Restate the records in full, so that each line matches the original exactly.
Dataset excerpts below:
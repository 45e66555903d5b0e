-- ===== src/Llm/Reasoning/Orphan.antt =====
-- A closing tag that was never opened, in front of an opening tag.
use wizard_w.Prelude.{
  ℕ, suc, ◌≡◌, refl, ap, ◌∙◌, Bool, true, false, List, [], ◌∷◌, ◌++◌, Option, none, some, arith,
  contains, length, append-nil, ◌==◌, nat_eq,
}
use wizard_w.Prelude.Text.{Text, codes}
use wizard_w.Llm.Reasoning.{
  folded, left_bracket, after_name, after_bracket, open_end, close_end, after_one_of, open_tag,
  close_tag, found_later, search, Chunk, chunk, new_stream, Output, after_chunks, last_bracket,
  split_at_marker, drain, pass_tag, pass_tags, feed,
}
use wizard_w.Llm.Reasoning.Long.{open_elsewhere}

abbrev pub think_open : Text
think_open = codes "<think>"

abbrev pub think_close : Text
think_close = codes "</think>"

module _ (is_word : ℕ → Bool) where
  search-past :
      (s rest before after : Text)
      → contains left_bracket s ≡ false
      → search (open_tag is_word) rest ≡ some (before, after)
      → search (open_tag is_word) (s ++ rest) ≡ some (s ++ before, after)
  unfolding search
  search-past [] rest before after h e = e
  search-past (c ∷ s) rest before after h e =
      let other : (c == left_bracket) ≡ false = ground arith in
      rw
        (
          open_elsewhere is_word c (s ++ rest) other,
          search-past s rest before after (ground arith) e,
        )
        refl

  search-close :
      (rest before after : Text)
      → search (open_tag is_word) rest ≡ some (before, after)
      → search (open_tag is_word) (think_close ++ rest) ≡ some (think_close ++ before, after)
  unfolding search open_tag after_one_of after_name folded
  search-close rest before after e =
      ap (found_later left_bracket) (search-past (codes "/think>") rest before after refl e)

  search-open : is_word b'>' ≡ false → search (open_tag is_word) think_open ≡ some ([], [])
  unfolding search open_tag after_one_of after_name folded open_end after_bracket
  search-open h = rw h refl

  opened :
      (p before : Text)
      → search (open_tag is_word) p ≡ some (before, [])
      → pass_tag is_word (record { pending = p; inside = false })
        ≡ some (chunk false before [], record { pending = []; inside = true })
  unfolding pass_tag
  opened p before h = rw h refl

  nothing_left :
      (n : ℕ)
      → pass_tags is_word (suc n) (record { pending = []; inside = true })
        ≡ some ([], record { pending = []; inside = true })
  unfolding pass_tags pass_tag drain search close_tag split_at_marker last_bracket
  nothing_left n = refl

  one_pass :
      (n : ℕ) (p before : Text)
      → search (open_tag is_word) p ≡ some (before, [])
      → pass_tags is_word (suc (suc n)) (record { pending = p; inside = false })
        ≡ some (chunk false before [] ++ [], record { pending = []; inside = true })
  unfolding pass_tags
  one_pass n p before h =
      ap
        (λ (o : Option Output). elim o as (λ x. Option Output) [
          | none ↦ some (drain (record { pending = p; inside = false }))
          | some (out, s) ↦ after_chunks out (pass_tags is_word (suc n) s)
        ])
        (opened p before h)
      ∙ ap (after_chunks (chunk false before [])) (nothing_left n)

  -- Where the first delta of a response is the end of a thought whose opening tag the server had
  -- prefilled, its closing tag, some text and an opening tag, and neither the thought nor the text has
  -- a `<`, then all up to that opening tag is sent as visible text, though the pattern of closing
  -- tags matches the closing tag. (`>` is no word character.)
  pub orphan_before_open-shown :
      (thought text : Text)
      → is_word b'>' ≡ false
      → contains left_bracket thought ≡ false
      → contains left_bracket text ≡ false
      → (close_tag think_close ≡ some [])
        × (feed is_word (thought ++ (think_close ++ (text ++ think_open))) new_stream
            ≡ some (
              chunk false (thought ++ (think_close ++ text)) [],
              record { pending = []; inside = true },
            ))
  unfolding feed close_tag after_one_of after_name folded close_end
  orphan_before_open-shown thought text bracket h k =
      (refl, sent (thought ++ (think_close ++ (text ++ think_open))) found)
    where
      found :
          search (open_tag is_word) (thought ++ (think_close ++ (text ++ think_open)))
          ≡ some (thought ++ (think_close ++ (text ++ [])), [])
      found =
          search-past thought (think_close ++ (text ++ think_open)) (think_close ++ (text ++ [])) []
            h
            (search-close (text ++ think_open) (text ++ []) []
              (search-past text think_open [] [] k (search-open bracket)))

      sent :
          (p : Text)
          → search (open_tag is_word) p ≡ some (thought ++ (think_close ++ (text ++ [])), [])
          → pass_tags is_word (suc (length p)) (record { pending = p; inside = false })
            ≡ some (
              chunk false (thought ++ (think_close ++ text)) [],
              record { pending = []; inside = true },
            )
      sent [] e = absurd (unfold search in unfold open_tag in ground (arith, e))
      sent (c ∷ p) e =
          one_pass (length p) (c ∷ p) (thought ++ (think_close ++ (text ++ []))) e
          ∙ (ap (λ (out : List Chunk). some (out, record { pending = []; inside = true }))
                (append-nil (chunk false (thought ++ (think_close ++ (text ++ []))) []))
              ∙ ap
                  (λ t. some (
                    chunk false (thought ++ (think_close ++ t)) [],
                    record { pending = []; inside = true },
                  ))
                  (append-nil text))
End of Dataset excerpts.
## Task result
repository 45e66555903d5b0e
-- ===== src/Llm/Reasoning/Orphan.antt =====
-- A closing tag that was never opened, in front of an opening tag.
use wizard_w.Prelude.{
  ℕ, suc, ◌≡◌, refl, ap, ◌∙◌, Bool, true, false, List, [], ◌∷◌, ◌++◌, Option, none, some, arith,
  contains, length, append-nil, ◌==◌, nat_eq,
}
use wizard_w.Prelude.Text.{Text, codes}
use wizard_w.Llm.Reasoning.{
  folded, left_bracket, after_name, after_bracket, open_end, close_end, after_one_of, open_tag,
  close_tag, found_later, search, Chunk, chunk, new_stream, Output, after_chunks, last_bracket,
  split_at_marker, drain, pass_tag, pass_tags, feed,
}
use wizard_w.Llm.Reasoning.Long.{open_elsewhere}

abbrev pub think_open : Text
think_open = codes "<think>"

abbrev pub think_close : Text
think_close = codes "</think>"

module _ (is_word : ℕ → Bool) where
  search-past :
      (s rest before after : Text)
      → contains left_bracket s ≡ false
      → search (open_tag is_word) rest ≡ some (before, after)
      → search (open_tag is_word) (s ++ rest) ≡ some (s ++ before, after)
  unfolding search
  search-past [] rest before after h e = e
  search-past (c ∷ s) rest before after h e =
      let other : (c == left_bracket) ≡ false = ground arith in
      rw
        (
          open_elsewhere is_word c (s ++ rest) other,
          search-past s rest before after (ground arith) e,
        )
        refl

  search-close :
      (rest before after : Text)
      → search (open_tag is_word) rest ≡ some (before, after)
      → search (open_tag is_word) (think_close ++ rest) ≡ some (think_close ++ before, after)
  unfolding search open_tag after_one_of after_name folded
  search-close rest before after e =
      ap (found_later left_bracket) (search-past (codes "/think>") rest before after refl e)

  search-open : is_word b'>' ≡ false → search (open_tag is_word) think_open ≡ some ([], [])
  unfolding search open_tag after_one_of after_name folded open_end after_bracket
  search-open h = rw h refl

  opened :
      (p before : Text)
      → search (open_tag is_word) p ≡ some (before, [])
      → pass_tag is_word (record { pending = p; inside = false })
        ≡ some (chunk false before [], record { pending = []; inside = true })
  unfolding pass_tag
  opened p before h = rw h refl

  nothing_left :
      (n : ℕ)
      → pass_tags is_word (suc n) (record { pending = []; inside = true })
        ≡ some ([], record { pending = []; inside = true })
  unfolding pass_tags pass_tag drain search close_tag split_at_marker last_bracket
  nothing_left n = refl

  one_pass :
      (n : ℕ) (p before : Text)
      → search (open_tag is_word) p ≡ some (before, [])
      → pass_tags is_word (suc (suc n)) (record { pending = p; inside = false })
        ≡ some (chunk false before [] ++ [], record { pending = []; inside = true })
  unfolding pass_tags
  one_pass n p before h =
      ap
        (λ (o : Option Output). elim o as (λ x. Option Output) [
          | none ↦ some (drain (record { pending = p; inside = false }))
          | some (out, s) ↦ after_chunks out (pass_tags is_word (suc n) s)
        ])
        (opened p before h)
      ∙ ap (after_chunks (chunk false before [])) (nothing_left n)

  -- Where the first delta of a response is the end of a thought whose opening tag the server had
  -- prefilled, its closing tag, some text and an opening tag, and neither the thought nor the text has
  -- a `<`, then all up to that opening tag is sent as visible text, though the pattern of closing
  -- tags matches the closing tag. (`>` is no word character.)
  pub orphan_before_open-shown :
      (thought text : Text)
      → is_word b'>' ≡ false
      → contains left_bracket thought ≡ false
      → contains left_bracket text ≡ false
      → (close_tag think_close ≡ some [])
        × (feed is_word (thought ++ (think_close ++ (text ++ think_open))) new_stream
            ≡ some (
              chunk false (thought ++ (think_close ++ text)) [],
              record { pending = []; inside = true },
            ))
  unfolding feed close_tag after_one_of after_name folded close_end
  orphan_before_open-shown thought text bracket h k =
      (refl, sent (thought ++ (think_close ++ (text ++ think_open))) found)
    where
      found :
          search (open_tag is_word) (thought ++ (think_close ++ (text ++ think_open)))
          ≡ some (thought ++ (think_close ++ (text ++ [])), [])
      found =
          search-past thought (think_close ++ (text ++ think_open)) (think_close ++ (text ++ [])) []
            h
            (search-close (text ++ think_open) (text ++ []) []
              (search-past text think_open [] [] k (search-open bracket)))

      sent :
          (p : Text)
          → search (open_tag is_word) p ≡ some (thought ++ (think_close ++ (text ++ [])), [])
          → pass_tags is_word (suc (length p)) (record { pending = p; inside = false })
            ≡ some (
              chunk false (thought ++ (think_close ++ text)) [],
              record { pending = []; inside = true },
            )
      sent [] e = absurd (unfold search in unfold open_tag in ground (arith, e))
      sent (c ∷ p) e =
          one_pass (length p) (c ∷ p) (thought ++ (think_close ++ (text ++ []))) e
          ∙ (ap (λ (out : List Chunk). some (out, record { pending = []; inside = true }))
                (append-nil (chunk false (thought ++ (think_close ++ (text ++ []))) []))
              ∙ ap
                  (λ t. some (
                    chunk false (thought ++ (think_close ++ t)) [],
                    record { pending = []; inside = true },
                  ))
                  (append-nil text))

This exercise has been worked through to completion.